Por aquel entonces yo no bebía, me había hecho la promesa a mi mismo de no beber nunca más. Tres años antes me fui con la gente del gimnasio a un asadero en la cumbre, me cogí tal melopea y perdí los papeles de tal forma, que la vergüenza me duró tres años. Imagínate, todos supermega sanos y yo tan borracho que hasta los perros me meaban. Me costó bastante volver a la senda de la de la cultura etílica tan arraigada en este país. Cuando salía de fiesta todos se extrañaban, tenía que estar explicándoles que no bebía, como si eso fuera un delito.
Nos solíamos reunir los sábados a la salida del trabajo un grupo de compañeros, que éramos muy amigos incluso antes de trabajar en la misma empresa. En alguna ocasión se agregaban algunos más, pero siempre solíamos ser Adolfo, Gerardo y yo, los clientes incondicionales del establecimiento.
El bar de Ramón, ni siquiera tenía mesas, solo contaba con la barra que ocupaba la mayoría del local, los dos minúsculos baños que exige la ley, donde tenías que mear de lado, y una pequeña cocina. Ramón es un barman peculiar, mide metro noventa, piel morena tipo pescador y estaba continuamente echándote trolas para reírse ti. Recuerdo que un día, le dijo a uno que lo mejor para la resaca es ponerte dos alka-seltzer en la boca sin agua y aguantar hasta que se diluyan, te puedes imaginar los espumarajos que soltaba aquel pobre por la boca, las lágrimas se las bebía. Tenía la virtud de despacharte lo que le salía de la entrepierna. Le pedías un cubata con cola y te lo ponía con naranja. En lo que no fallaba era en la bebida alcohólica, si pedías Ron, te ponía incluso de la marca que te gustaba. Si un sábado no te apetecía mucho beber y le pedías una cerveza, te jodías y te bebías un cubata como el del sábado anterior. Al final como lo importante no era lo que bebías, sino el beber, pues te lo tragabas de igual forma.

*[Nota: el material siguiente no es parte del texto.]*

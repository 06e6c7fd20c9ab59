-- ===== src/Serve/Matched.antt =====
-- What a job's reply of coordinator.py says of the task, the calibs and the catalogs that it ran on.
use Prim.Native.String.{String}
use text.Mathlib.Text.{◌==◌ as str_eq}
use donut_server.Prelude.{
  ℕ, ◌+◌, ◌*◌, ◌≡◌, refl, ap, ◌∙◌, Bool, true, false, Option, some, List, [], ◌∷◌, arith, subst,
  length, All,
}
use donut_server.Bytes.{Bytes, Name, sort_names}
use donut_server.Exec.{
  Outcome, ok, ok_inj, ◌>>=◌, pure, lift, gets, modify, on_ok, on_ok-eq-ok, bind-eq-ok,
  lift-bind-eq-ok, After-eq-ok,
}
use donut_server.Protocol.{PartLayout}
use donut_server.Refcat.{Store, uncovered}
use donut_server.Coordinator.{
  Error, not_covered, Library, CalibSet, Mirror, PreparedEntry, mirror_of, ensure_prepared_for_push,
  task_or_raise,
}
use donut_server.Coordinator.Key.{PrepareKey}
use donut_server.Coordinator.Kept.{IsBuilt, IsSound}
use donut_server.Coordinator.Activated.{IsLive}
use donut_server.Coordinator.Live.{ensure_prepared_for_push-IsLive}
use donut_server.Serve.{
  Science, Bundle, guard, is_empty, all_calibs, all_inputs, bundle_of, cores_for, first_exposure,
  single_visit, reconstruct_exposures, bundle_for, shard_inputs,
}
use donut_server.Serve.Inputs.{raws_of, catalogs_of, intrinsics, bundle_for-reads}
use donut_server.Serve.Calibs.{HasInputs, all_inputs-HasInputs, All-HasInputs-append}
use donut_server.Serve.Jobs.{
  Outside, Process, JobResult, Source, on_globals, matching_calib, outputs_for, result_of, defer,
  run_job, run_push, run_ingest,
}
use donut_server.Serve.Loop.{for_job, push_job, ingest_job}

module _ (l : Library) (s : Science l) (o : Outside l s) where
  -- The run's outputs are of the task on a bundle of just the exposures, of the calibs of their
  -- detectors and of the catalogs, and these fit. The task and the catalogs are of an entry built for
  -- `key`. With the count, the bundle has no other inputs.
  pub record IsMatched (key : PrepareKey) (exposures : List (Name × s.Exposure))
      (outputs : s.Outputs) : Type 0 where
    pub entry : PreparedEntry l
    pub calib : CalibSet l
    pub first : s.Exposure
    pub bundle : Bundle l s
    pub built : IsBuilt l key entry
    pub is_first : first_exposure l s exposures ≡ ok first
    pub same_filter : str_eq (s.calib_filter calib.filtered) (s.filter_of first) ≡ true
    pub all_present : all_calibs l s (s.ptc_by_name calib.detector) exposures ≡ true
    pub one_visit : single_visit l s exposures ≡ ok bundle.visit
    pub covered : uncovered (s.shards_of exposures) entry.refcat_store ≡ []
    pub raws_read : raws_of l s bundle.inputs ≡ sort_names exposures
    pub catalogs_read : catalogs_of l s bundle.inputs ≡ entry.refcat_store.shards
    pub inputs_read : All (HasInputs l s calib bundle.inputs) (sort_names exposures)
    pub no_others :
        length bundle.inputs
        ≡ length entry.refcat_store.shards
          + (5 * length exposures
              + intrinsics l s (s.intrinsic_zernikes_by_name calib.filtered) exposures)
    pub ran : o.run_quantum entry.task bundle ≡ ok outputs

  guard-true : (b : Bool) (why : Error) {u : Unit {0}} → guard b why ≡ ok u → b ≡ true
  guard-true true why h = refl
  guard-true false why h = ground arith

  is_empty-true : {A : Type 0} (xs : List A) → is_empty xs ≡ true → xs ≡ []
  is_empty-true [] h = refl
  is_empty-true (x ∷ xs) h = ground arith

  matching_calib-same :
      (wanted : String) (store : CalibSet l) (calib : CalibSet l)
      → matching_calib l s wanted (some store) ≡ ok calib
      → (calib ≡ store) × (str_eq (s.calib_filter store.filtered) wanted ≡ true)
  unfolding matching_calib
  matching_calib-same wanted store calib h = ground arith

  abbrev visit_in : Outcome Error (Bundle l s) → Outcome Error ℕ
  visit_in r = on_ok r (λ b. ok b.visit)

  bundle_for-parts :
      (default : ℕ) (task : l.Task) (store : Store l.Catalog) (exposures : List (Name × s.Exposure))
      (calib : CalibSet l) (workers : Option ℕ) (bundle : Bundle l s)
      → bundle_for l s default (some task) store exposures calib workers ≡ ok bundle
      → (all_calibs l s (s.ptc_by_name calib.detector) exposures ≡ true)
        × (single_visit l s exposures ≡ ok bundle.visit)
        × (uncovered (s.shards_of exposures) store ≡ [])
        × All (HasInputs l s calib bundle.inputs) (sort_names exposures)
  unfolding bundle_for task_or_raise
  bundle_for-parts default task store exposures calib workers bundle h =
      let (u, present, h₁) = on_ok-eq-ok _ _ h in
      let (visit, one, h₂) = on_ok-eq-ok _ _ h₁ in
      let (v, covered, h₃) = on_ok-eq-ok _ _ h₂ in
      let (inputs, all, made) =
        on_ok-eq-ok (all_inputs l s calib (sort_names exposures))
          (λ entries. ok (bundle_of l s store (cores_for l s default workers) visit entries)) h₃ in
      (
        guard-true _ _ present,
        one ∙ ap visit_in made,
        is_empty-true _ (guard-true _ not_covered covered),
        subst (λ b. All (HasInputs l s calib b.inputs) (sort_names exposures)) (ok_inj made)
            (All-HasInputs-append l s calib (shard_inputs l s store.shards) inputs
              (sort_names exposures)
              (all_inputs-HasInputs l s calib (sort_names exposures) inputs all)),
      )

  mirror_of-IsMatched :
      (key : PrepareKey) (entry : PreparedEntry l) (calib : CalibSet l)
      (exposures : List (Name × s.Exposure)) (workers : Option ℕ) (outputs : s.Outputs)
      → IsBuilt l key entry
      → outputs_for l s o (mirror_of l entry calib) exposures workers ≡ ok outputs
      → IsMatched key exposures outputs
  unfolding outputs_for task_or_raise
  mirror_of-IsMatched key entry calib exposures workers outputs built h =
      let (first, is_first, h₁) = on_ok-eq-ok _ _ h in
      let (found, match, h₂) = on_ok-eq-ok _ _ h₁ in
      let (bundle, bundled, ran) = on_ok-eq-ok _ (λ b. o.run_quantum entry.task b) h₂ in
      let (same, same_filter) = matching_calib-same _ calib found match in
      let made =
        subst
          (λ c.
            bundle_for l s o.default_workers (some entry.task) entry.refcat_store exposures c
              workers
            ≡ ok bundle)
          same bundled in
      let parts =
        bundle_for-parts o.default_workers entry.task entry.refcat_store exposures calib workers
          bundle made in
      let reads =
        bundle_for-reads l s o.default_workers (some entry.task) entry.refcat_store exposures calib
          workers bundle made in
      record {
        entry = entry;
        calib = calib;
        first = first;
        bundle = bundle;
        built = built;
        is_first = is_first;
        same_filter = same_filter;
        all_present = parts.0;
        one_visit = parts.1;
        covered = parts.2;
        raws_read = reads.0;
        catalogs_read = reads.1;
        inputs_read = parts.3;
        no_others = reads.2;
        ran = ran;
      }

  outputs_for-IsMatched :
      (key : PrepareKey) (m : Mirror l) (exposures : List (Name × s.Exposure)) (workers : Option ℕ)
      (outputs : s.Outputs)
      → IsLive l key m
      → outputs_for l s o m exposures workers ≡ ok outputs
      → IsMatched key exposures outputs
  outputs_for-IsMatched key m exposures workers outputs live h =
      mirror_of-IsMatched key live.entry live.calib exposures workers outputs live.built
        (subst (λ m. outputs_for l s o m exposures workers ≡ ok outputs) live.same h)

  -- The result of a job is of outputs whose task, calibs and catalogs fit its exposures.
  pub record IsAnswered (key : PrepareKey) (exposures : List (Name × s.Exposure))
      (r : JobResult l s) : Type 0 where
    pub outputs : s.Outputs
    pub matched : IsMatched key exposures outputs
    pub result : result_of l s (s.slim (s.corner_results outputs)) ≡ ok r

  run_job-IsAnswered :
      (key : PrepareKey) (job_id : Name) (exposures : List (Name × s.Exposure)) (workers : Option ℕ)
      (p p' : Process l s) (r : JobResult l s)
      → IsLive l key p.globals.mirror
      → run_job l s o job_id exposures workers p ≡ (ok r, p')
      → IsAnswered key exposures r
  unfolding run_job defer ◌>>=◌ lift gets modify pure
  run_job-IsAnswered key job_id exposures workers p p' r live h =
      let (outputs, run, h₁) =
        lift-bind-eq-ok (outputs_for l s o p.globals.mirror exposures workers) _ p p' h in
      let (result, made, h₂) =
        lift-bind-eq-ok (result_of l s (s.slim (s.corner_results outputs))) _ p p' h₁ in
      record {
        outputs = outputs;
        matched = outputs_for-IsMatched key p.globals.mirror exposures workers outputs live run;
        result = made ∙ ap (λ x. x.0) h₂;
      }

  for_job-IsLive :
      (key : PrepareKey) (p p' : Process l s) (u : Unit {0})
      → IsSound l p.globals
      → for_job l s o (some key) p ≡ (ok u, p')
      → IsLive l key p'.globals.mirror
  unfolding for_job on_globals pure
  for_job-IsLive key p p' u sound h =
      let (entry, t, e, k) =
        bind-eq-ok (on_globals l s (ensure_prepared_for_push l key)) _ p p' h in
      let live =
        (After-eq-ok _ _ (ensure_prepared_for_push l key p.globals) entry
          (ensure_prepared_for_push-IsLive l key p.globals sound) (ap (λ x. x.0) e)).1 in
      let left : t ≡ p' = ap (λ x. x.1) k in
      let right : (on_globals l s (ensure_prepared_for_push l key) p).1 ≡ t = ap (λ x. x.1) e in
      subst (λ q. IsLive l key q.globals.mirror) (right ∙ left) live

  -- A push with a key that is answered has run the task of an entry built for its key on just these
  -- inputs: the exposures out of the shared block, which are of one visit, the catalogs of that entry,
  -- whose shards cover the exposures, and, of calibs for the filter of the first exposure, those of
  -- each exposure's detector. Its answer is made of that run's outputs.
  pub push_job-IsAnswered :
      (job_id : Name) (key : PrepareKey) (view : Bytes) (layout : List PartLayout)
      (workers : Option ℕ) (p p' : Process l s) (r : JobResult l s)
      → IsSound l p.globals
      → push_job l s o job_id (some key) view layout workers p ≡ (ok r, p')
      → (exposures : List (Name × s.Exposure)) × (reconstruct_exposures l s view layout
          ≡ ok exposures)
        × IsAnswered key exposures r
  unfolding push_job run_push
  push_job-IsAnswered job_id key view layout workers p p' r sound h =
      let (u, t, e, k) = bind-eq-ok (for_job l s o (some key)) _ p p' h in
      let (exposures, read, ran) =
        lift-bind-eq-ok (reconstruct_exposures l s view layout) _ t p' k in
      (
        exposures,
        read,
        run_job-IsAnswered key job_id exposures workers t p' r (for_job-IsLive key p t u sound e)
            ran,
      )

  -- An ingest with a key that is answered has run the task of an entry built for its key on just the
  -- exposures assembled from its directory, the catalogs of that entry and the calibs of their
  -- detectors, which fit as for a push; its answer is made of that run's outputs, with the
  -- directory's source.
  pub ingest_job-IsAnswered :
      (job_id : Name) (key : PrepareKey) (directory : Name) (workers : Option ℕ)
      (p p' : Process l s) (r : JobResult l s × Source)
      → IsSound l p.globals
      → ingest_job l s o job_id (some key) directory workers p ≡ (ok r, p')
      → (exposures : List (Name × s.Exposure)) × (o.ingested directory workers
          ≡ ok (r.1, exposures))
        × IsAnswered key exposures r.0
  unfolding ingest_job run_ingest pure
  ingest_job-IsAnswered job_id key directory workers p p' r sound h =
      let (u, t, e, k) = bind-eq-ok (for_job l s o (some key)) _ p p' h in
      let (found, read, k₁) = lift-bind-eq-ok (o.ingested directory workers) _ t p' k in
      let (result, t₁, ran, k₂) = bind-eq-ok (run_job l s o job_id found.1 workers) _ t p' k₁ in
      let outcome : ok (result, found.0) ≡ ok r = ap (λ x. x.0) k₂ in
      let same : (result, found.0) ≡ r = cc in
      (
        found.1,
        read ∙ ap (λ x. ok (x.1, found.1)) same,
        subst (λ x. IsAnswered key found.1 x.0) same
            (run_job-IsAnswered key job_id found.1 workers t t₁ result
              (for_job-IsLive key p t u sound e) ran),
      )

Así, copa a copa, trago a trago, fuimos cogiendo confianza. Tanta que nos daban las mil y quinientas en su bar. La mayoría de las veces le costaba un huevo echarnos de su negocio, mis amigos con copas eran más pesaos que dos plomos. Continuamente le proponíamos a Ramón que se fuese, que ya cerraríamos nosotros. Pero nunca confió en nuestra buena fe, cosa que no le reprocho.
En aquella época, las novias de Adolfo, Gerardo y la mía, eran muy amigas entre ellas. Por muchas burradas que hiciésemos, nunca nos decían que teníamos que dejar las juergas con los amigos. La verdad es que me lo pasaba de fábula, fue una época de marchas inolvidables con los colegas.
Un día de primavera de 98 ó 99 del milenio pasado, Ramón estaba desesperado por cerrar el bar. Tenía que ir al aeropuerto a buscar un familiar, dejarlo en casa de su madre, y luego ir a la fiesta que su mujer había montado en su casa para reunirse con antiguos compañeros de instituto y algún que otro profesor enrollado de la época.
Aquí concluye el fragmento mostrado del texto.